Saved data entries:

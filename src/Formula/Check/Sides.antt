-- ===== src/Formula/Check/Sides.antt =====
-- The types that packages/formula/src/check.ts gives to operators.
use salesmaker.Base.{
  ◌≡◌, refl, sym, ◌∙◌, Bool, true, false, ◌||◌, Option, none, some, List, [], ◌∷◌, arith,
  Bool-cases, inl, inr, ◌⊎◌,
}
use salesmaker.Formula.Syntax.{
  Span, Operator, or_or, and_and, equal, not_equal, less, less_equal, greater, greater_equal,
  concat, plus, minus, times, divide, power, bang, FormulaType, text_type, boolean_type, null_type,
}
use salesmaker.Formula.Types.{type_eq, one_of, TypedNode, type_of}
use salesmaker.Formula.Post.{Post, returns, throws, ◌⟫◌, weaken}
use salesmaker.Formula.Rules.{comparable, ordered, compatible, expect_type}
use salesmaker.Formula.Check.{both, comparison, arithmetic_result, binary_type}
use salesmaker.Formula.Check.Operators.{
  tabled, compatible-equal, compatible-ordered, IsArithmetic-plus, IsArithmetic-minus,
  IsArithmetic-times, IsArithmetic-divide, IsArithmetic-power, IsArithmetic-bang,
}
use salesmaker.Formula.Check.Returns.{expect_type-one_of, type_eq_refl}
use salesmaker.Formula.Check.Results.{or_null, both_are, some_type, operates}
use salesmaker.Formula.Check.Widening.{both_true}

pub expect_type-or_null :
    (n : TypedNode) (t : FormulaType)
    → Post (λ _. or_null t (type_of n) ≡ true) (expect_type n (t ∷ []))
expect_type-or_null n t =
    weaken
      (λ _ (h : (one_of (type_of n) (t ∷ []) ≡ true) ⊎ (type_eq (type_of n) null_type ≡ true)).
        one_or_null (type_eq (type_of n) t) (type_eq (type_of n) null_type) h)
      (expect_type-one_of n (t ∷ []))
  where
    one_or_null : (a b : Bool) → ((a || false) ≡ true) ⊎ (b ≡ true) → (a || b) ≡ true
    one_or_null a b h = ground arith

module _ (P : FormulaType → Type 0) where
  both-Post :
      (t out : FormulaType) (a b : TypedNode)
      → (both_are t (type_of a) (type_of b) ≡ true → P out)
      → Post P (both t out a b)
  both-Post t out a b h =
      expect_type-or_null a t ⟫ λ _ p. expect_type-or_null b t ⟫ λ _ q. returns (h (both_true p q))

  comparison-Post :
      (among : List FormulaType) (a b : TypedNode) (s : Span)
      → (compatible among (type_of a) (type_of b) ≡ true → P boolean_type)
      → Post P (comparison among a b s)
  comparison-Post among a b s h = elim (Bool-cases (compatible among (type_of a) (type_of b))) [
    | inl e ↦ rw e (returns (h e))
    | inr e ↦ rw e throws
  ]

  arithmetic_result-Post :
      (o : Option FormulaType) (a b : TypedNode) (s : Span)
      → ((t : FormulaType) → o ≡ some t → P t)
      → Post P (arithmetic_result o a b s)
  arithmetic_result-Post none a b s h = throws
  arithmetic_result-Post (some t) a b s h = returns (h t refl)

-- The type that the checker gives to an operator between the two sides.
abbrev Operates : Operator → TypedNode → TypedNode → FormulaType → Type 0
Operates o a b t = operates o (type_of a) (type_of b) t ≡ true

some_type_refl : (o : Option FormulaType) (t : FormulaType) → o ≡ some t → some_type o t ≡ true
some_type_refl o t e = rw e (type_eq_refl t)

pub binary_type-Operates :
    (o : Operator) (a b : TypedNode) (s : Span) → Post (Operates o a b) (binary_type o a b s)
unfolding binary_type operates
binary_type-Operates and_and a b s =
    both-Post (Operates and_and a b) boolean_type boolean_type a b (λ h. both_true h refl)
binary_type-Operates or_or a b s =
    both-Post (Operates or_or a b) boolean_type boolean_type a b (λ h. both_true h refl)
binary_type-Operates concat a b s =
    both-Post (Operates concat a b) text_type text_type a b (λ h. both_true h refl)
binary_type-Operates equal a b s =
    comparison-Post (Operates equal a b) comparable a b s
      (λ h. both_true (compatible-equal (type_of a) (type_of b) h) refl)
binary_type-Operates not_equal a b s =
    comparison-Post (Operates not_equal a b) comparable a b s
      (λ h. both_true (compatible-equal (type_of a) (type_of b) h) refl)
binary_type-Operates less a b s =
    comparison-Post (Operates less a b) ordered a b s
      (λ h. both_true (compatible-ordered (type_of a) (type_of b) h) refl)
binary_type-Operates less_equal a b s =
    comparison-Post (Operates less_equal a b) ordered a b s
      (λ h. both_true (compatible-ordered (type_of a) (type_of b) h) refl)
binary_type-Operates greater a b s =
    comparison-Post (Operates greater a b) ordered a b s
      (λ h. both_true (compatible-ordered (type_of a) (type_of b) h) refl)
binary_type-Operates greater_equal a b s =
    comparison-Post (Operates greater_equal a b) ordered a b s
      (λ h. both_true (compatible-ordered (type_of a) (type_of b) h) refl)
binary_type-Operates plus a b s = arithmetic_result-Post (Operates plus a b) _ a b s (λ t e.
    some_type_refl (tabled plus (type_of a) (type_of b)) t
      (sym (IsArithmetic-plus (type_of a) (type_of b)) ∙ e))
binary_type-Operates minus a b s = arithmetic_result-Post (Operates minus a b) _ a b s (λ t e.
    some_type_refl (tabled minus (type_of a) (type_of b)) t
      (sym (IsArithmetic-minus (type_of a) (type_of b)) ∙ e))
binary_type-Operates times a b s = arithmetic_result-Post (Operates times a b) _ a b s (λ t e.
    some_type_refl (tabled times (type_of a) (type_of b)) t
      (sym (IsArithmetic-times (type_of a) (type_of b)) ∙ e))
binary_type-Operates divide a b s = arithmetic_result-Post (Operates divide a b) _ a b s (λ t e.
    some_type_refl (tabled divide (type_of a) (type_of b)) t
      (sym (IsArithmetic-divide (type_of a) (type_of b)) ∙ e))
binary_type-Operates power a b s = arithmetic_result-Post (Operates power a b) _ a b s (λ t e.
    some_type_refl (tabled power (type_of a) (type_of b)) t
      (sym (IsArithmetic-power (type_of a) (type_of b)) ∙ e))
binary_type-Operates bang a b s = arithmetic_result-Post (Operates bang a b) _ a b s (λ t e.
    some_type_refl (tabled bang (type_of a) (type_of b)) t
      (sym (IsArithmetic-bang (type_of a) (type_of b)) ∙ e))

Exercise goal: Return a copy of each line in the entries that carries the string "weaken".

Answer:
use salesmaker.Formula.Post.{Post, returns, throws, ◌⟫◌, weaken}
    weaken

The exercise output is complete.